Apr 25, 2007 07:27
A little late for April Fools, but what the hey. I just came across this and thought it was funny...
Posted: Sun Apr 01, 2007 6:53 pm
From the Associated Press
NEW YORK ---
American composer Elliott Carter, an exemplar of the atonalist style of
modernism and according to admirers the greatest living practitioner of his
craft, apologized to music lovers around the world today for what he called
"a half century of wasted time." "What was I thinking?" the venerable Mr.
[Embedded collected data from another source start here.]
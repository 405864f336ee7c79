-- ===== src/Tests/Binpkgs.antt =====
-- Names of binary package files, and paths with repeated slashes: lib/util.c.
use xbps.Common.{Option, none, some, List, [], ◌∷◌, ◌≡◌, refl, CStr, codes, Free, nil, cons, arith}
use xbps.Common.{false}
use xbps.Paths.Clean.Canonical.{split}
use xbps.Util.Slashes.{sanitize_path, has_double, filled, sanitize_path-filled}
use xbps.Util.Pkgver.{pkg_version}
use xbps.Util.Binpkg.{binpkg_pkgver, binpkg_arch}
use xbps.Util.Binpkg.File.{binpkg_file, in_dir, binpkg_round_trip}

abbrev pkgver : CStr
pkgver = codes "a-1_1"

abbrev arch : CStr
arch = codes "x86"

-- The suffix is not looked at.
other_suffix : binpkg_pkgver (codes "a-1_1.x86.sig2") ≡ some pkgver
unfolding binpkg_pkgver xbps.Util.Binpkg.binpkg_stem xbps.Util.Pkgver.pkg_version
    xbps.Common.strrchr xbps.Util.Pkgver.version_loop xbps.Common.is_digit xbps.Common.strchr
    xbps.Util.Pkgver.is_revision xbps.Util.Pkgver.is_revision_rest
other_suffix = refl

version_of : pkg_version pkgver ≡ some (codes "1_1")
unfolding xbps.Util.Pkgver.pkg_version xbps.Common.strrchr xbps.Util.Pkgver.version_loop
    xbps.Common.is_digit xbps.Common.strchr xbps.Util.Pkgver.is_revision
    xbps.Util.Pkgver.is_revision_rest
version_of = refl

binpkg_round_trip_example :
    (binpkg_pkgver (in_dir (codes "/tmp") (binpkg_file pkgver arch)) ≡ some pkgver)
    × (binpkg_arch (in_dir (codes "/tmp") (binpkg_file pkgver arch)) ≡ some arch)
binpkg_round_trip_example =
    binpkg_round_trip (codes "/tmp") pkgver arch
      (cons (λ h. omega arith)
        (cons (λ h. omega arith)
          (cons (λ h. omega arith) (cons (λ h. omega arith) (cons (λ h. omega arith) nil)))))
      (cons (λ h. omega arith) (cons (λ h. omega arith) (cons (λ h. omega arith) nil)))
      (cons (λ h. omega arith) (cons (λ h. omega arith) (cons (λ h. omega arith) nil)))
      (codes "1_1") version_of

abbrev slashes : CStr
slashes = codes "//usr///bin/"

sanitized : sanitize_path slashes ≡ codes "/usr/bin/"
unfolding sanitize_path
sanitized = refl

sanitize_path-filled_example :
    (has_double (sanitize_path slashes) ≡ false)
    × (filled ((split (sanitize_path slashes)).0 ∷ (split (sanitize_path slashes)).1)
        ≡ filled ((split slashes).0 ∷ (split slashes).1))
sanitize_path-filled_example = sanitize_path-filled slashes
Carter, 99, said at his home in Manhattan. "Nobody likes this stuff. Why
have I wasted my life?" Carter said he "went wrong" back in the 1940s and
spent the next 60 years pursuing the musical dead-end of atonality. In the
past seven decades, he has produced five string quartets, a half dozen song
cycles, works for orchestra, solo concertos and innumerable chamber works for various combinations of instruments --- all in an advanced, complex style he now dismisses as "noise." Despite consistent
encouragement of many mainstream musicians such as Boston Symphony Music Director James Levine, for Chicago Symphony conductor Daniel Barenboim, and the cellist Yo-Yo Ma,Carter said his many admirers were "delusional." "The critics who said they were just congratulating themselves for being smarter than everybody else were right all along," he said. "We should all go back and get our heads on straight." Carter said he blamed his late wife, Helen, for turning him into an unrepentant modernist. "She liked this stuff, and I could never say no to her," he said. Mrs. Carter died in 2003 at age 95. Since then, Carter said, he has been reevaluating his aesthetic. "I'd like to write something pretty for a change --- maybe something based on an Irish folk tune," he said. He was uncertain whether he would withdraw his substantial catalogue from the repertoire, though one alternative would be to revise his works, ending each with a tonic triad, he said. "I feel like an enormous weight has been lifted from my shoulders," Carter said. "From now on, I promise to be good."